What is LU Decomposition with Partial Pivoting?
LU decomposition factors a square matrix A into a lower-triangular matrix L (with 1's on its diagonal) and an upper-triangular matrix U. With partial (row) pivoting we also produce a row-permutation vector P so that \(P \cdot A = L \cdot U\). Pivoting swaps the row with the largest pivot magnitude into place, which avoids dividing by zero and greatly improves numerical stability. This is pure linear algebra and applies identically everywhere.
How to use the calculator
Pick the matrix size n (2 to 5), type the entries of your square matrix row by row, and choose how many significant digits to display. Press calculate to get L, U, the pivot vector P (0-based), and the determinant. Cells beyond the chosen size are ignored.
The algorithm
For each column k, find the row p (p ≥ k) maximizing |M[p][k]|, swap it into row k, then for every row i below k compute the multiplier factor = M[i][k] / M[k][k], store it in the lower part, and update the remaining entries M[i][j] -= factor · M[k][j]. After all columns, L is the strictly-lower part of M with unit diagonal and U is the upper part including the diagonal. The determinant equals the sign of the permutation times the product of U's diagonal:
$$\det(A) = \operatorname{sign}(P) \prod_{i} U_{ii}$$
Worked example
For A = [[2,1,1],[4,-6,0],[-2,7,2]], the first pivot is row 1 (|4| is largest), so P becomes (1,0,2).

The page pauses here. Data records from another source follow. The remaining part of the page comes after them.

-- ===== src/Nanopb/Struct/Defaults.antt =====
-- `pb_field_set_to_default` and `pb_message_set_to_defaults` of pb_decode.c.
use answrapp.Common.{
  ℕ, zero, suc, Bool, not, ◌&&◌, ◌||◌, Option, none, some, List, ◌==◌, if◌then◌else◌,
}
use answrapp.Nanopb.Types.{Field, ltype, htype, atype}
use answrapp.Nanopb.Types.Ltype
use answrapp.Nanopb.Types.Htype
use answrapp.Nanopb.Types.Atype
use answrapp.Nanopb.Iter.{FieldIter, field_at}
use answrapp.Nanopb.Memory.{load_pointer, shifted}
use answrapp.Nanopb.Struct.{fault, stuck, Action, ◌>>◌, skip, write_zero, copy_bytes}
use answrapp.Nanopb.Struct.Fields.{
  Descriptors, at_walk, each_field_of, iter_from_extension, each_extension,
}

-- A call for an extension.
abbrev pub default_extension : Descriptors → (FieldIter → Action) → ℕ → Action
default_extension descriptor one ext =
    write_zero (shifted ext 24) 1
    >> (λ s. at_walk (iter_from_extension descriptor s.memory ext) one s)

-- The data of a static field; NULL for the descriptor of a submessage is read through.
abbrev pub init_data : Descriptors → (List Field → ℕ → Action) → Field → ℕ → Action
init_data descriptor message field p =
    if ltype field.type == Ltype.submessage
    then elim field.ptr [ none ↦ (λ s. fault) | some fields ↦ message (descriptor fields) p ]
    else elim field.ptr [
      | none ↦ write_zero p field.data_size
      | some source ↦ copy_bytes p source field.data_size
    ]

abbrev pub is_counted : Field → Bool
is_counted field = htype field.type == Htype.repeated || htype field.type == Htype.oneof

abbrev pub default_static : Descriptors → (List Field → ℕ → Action) → Field → FieldIter → Action
default_static descriptor message field iter =
    let contents = init_data descriptor message field iter.p_data in
    if htype field.type == Htype.optional && not (iter.p_size == iter.p_data)
    then write_zero iter.p_size 1 >> contents
    else if is_counted field
    then write_zero iter.p_size 4
    else contents

abbrev pub default_pointer : Field → FieldIter → Action
default_pointer field iter =
    write_zero iter.p_data 8 >> (if is_counted field then write_zero iter.p_size 4 else skip)

-- One call. `one` and `message` are the calls for extensions and submessages, `fuel` bounds the
-- number of extensions.
abbrev pub default_field :
    Descriptors
    → (FieldIter → Action)
    → (List Field → ℕ → Action)
    → ℕ
    → Option Field
    → FieldIter
    → Action
default_field descriptor one message fuel none iter = λ s. fault
default_field descriptor one message fuel (some field) iter =
    let a = atype field.type in
    if ltype field.type == Ltype.extension
    then (λ s.
        each_extension (default_extension descriptor one) fuel (load_pointer s.memory iter.p_data)
          s)
    else if a == Atype.static
    then default_static descriptor message field iter
    else if a == Atype.pointer
    then default_pointer field iter
    else skip

-- `pb_field_set_to_default`, with the depth of submessages and the number of extensions for fuel.
unfoldable pub field_set_to_default : Descriptors → ℕ → FieldIter → Action
field_set_to_default descriptor zero iter = λ s. stuck
field_set_to_default descriptor (suc depth) iter =
    let one = field_set_to_default descriptor depth in
    default_field descriptor one (each_field_of one) depth (field_at iter.start iter.pos) iter

-- `pb_message_set_to_defaults`.
unfoldable pub message_set_to_defaults : Descriptors → ℕ → List Field → ℕ → Action
message_set_to_defaults descriptor depth fields p =
    each_field_of (field_set_to_default descriptor depth) fields p
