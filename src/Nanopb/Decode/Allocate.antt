-- ===== src/Nanopb/Decode/Allocate.antt =====
-- `allocate_field` and `initialize_pointer_field` of pb_decode.c.
use answrapp.Common.{
  ℕ, ◌-◌, ◌*◌, ◌/◌, ◌%◌, ◌^◌, ◌&&◌, ◌||◌, none, some, ltb, leb, ◌==◌, if◌then◌else◌,
}
use answrapp.Nanopb.Types.{Field, ltype, invalid_size, size_too_large, realloc_failed}
use answrapp.Nanopb.Types.Ltype
use answrapp.Nanopb.Memory.{load_pointer}
use answrapp.Nanopb.Struct.{Store, Action, ◌>>◌, skip, write_zero}
use answrapp.Nanopb.Struct
use answrapp.Nanopb.Struct.Defaults.{message_set_to_defaults}
use answrapp.Nanopb.Decode.{done, Step, ◌>>=◌, raise, changing, loading, write_number, Context}

-- The call of `pb_realloc`.
abbrev pub reallocate : Context → ℕ → ℕ → Step ℕ
reallocate ctx ptr size s =
    let (p, store) = ctx.realloc ptr size s.store in
    done p (record { stream = s.stream; store = store })

-- `allocate_field` on the pointer at `p_data`.
unfoldable pub allocate_field : Context → ℕ → ℕ → ℕ → Step (Unit {0})
allocate_field ctx p_data data_size array_size = do
  ptr ← loading (λ mem. load_pointer mem p_data)
  let call = reallocate ctx ptr (array_size * data_size % 2 ^ 64)
  if data_size == 0 || array_size == 0
      then raise invalid_size
      else if (leb (2 ^ 32) data_size || leb (2 ^ 32) array_size)
          && ltb ((2 ^ 64 - 1) / array_size) data_size
      then raise size_too_large
      else (call >>= λ p. if p == 0 then raise realloc_failed else write_number p_data 8 p)

-- A submessage is set to 0 and then to its default values.
abbrev pub clear_submessage : Context → Field → ℕ → Action
clear_submessage ctx field p = Struct.◌>>◌ (write_zero p field.data_size) (elim field.ptr [
  | none ↦ (λ s. Struct.fault)
  | some fields ↦ message_set_to_defaults ctx.descriptor ctx.nesting (ctx.descriptor fields) p
])

-- `initialize_pointer_field`.
unfoldable pub initialize_pointer_field : Context → Field → ℕ → Step (Unit {0})
initialize_pointer_field ctx field p = changing (
    if ltype field.type == Ltype.string || ltype field.type == Ltype.bytes
    then write_zero p 8
    else if ltype field.type == Ltype.submessage
    then clear_submessage ctx field p
    else skip)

Elimination gives L = [[1,0,0],[0.5,1,0],[-0.5,1,1]], U = [[4,-6,0],[0,4,1],[0,0,1]]. One swap means sign -1, so
$$\det(A) = -1 \times (4 \cdot 4 \cdot 1) = -16$$FAQ
Why does L·U not equal my original A? Because of pivoting, \(L \cdot U\) equals A with its rows reordered by P. Reorder A's rows by P first, then \(L \cdot U\) matches.
What if my matrix is singular? A zero appears on U's diagonal and the determinant is 0; the factorization is still reported.
Is the pivot vector 0-based? Yes. P[i] is the index of the original row of A that ended up in row i.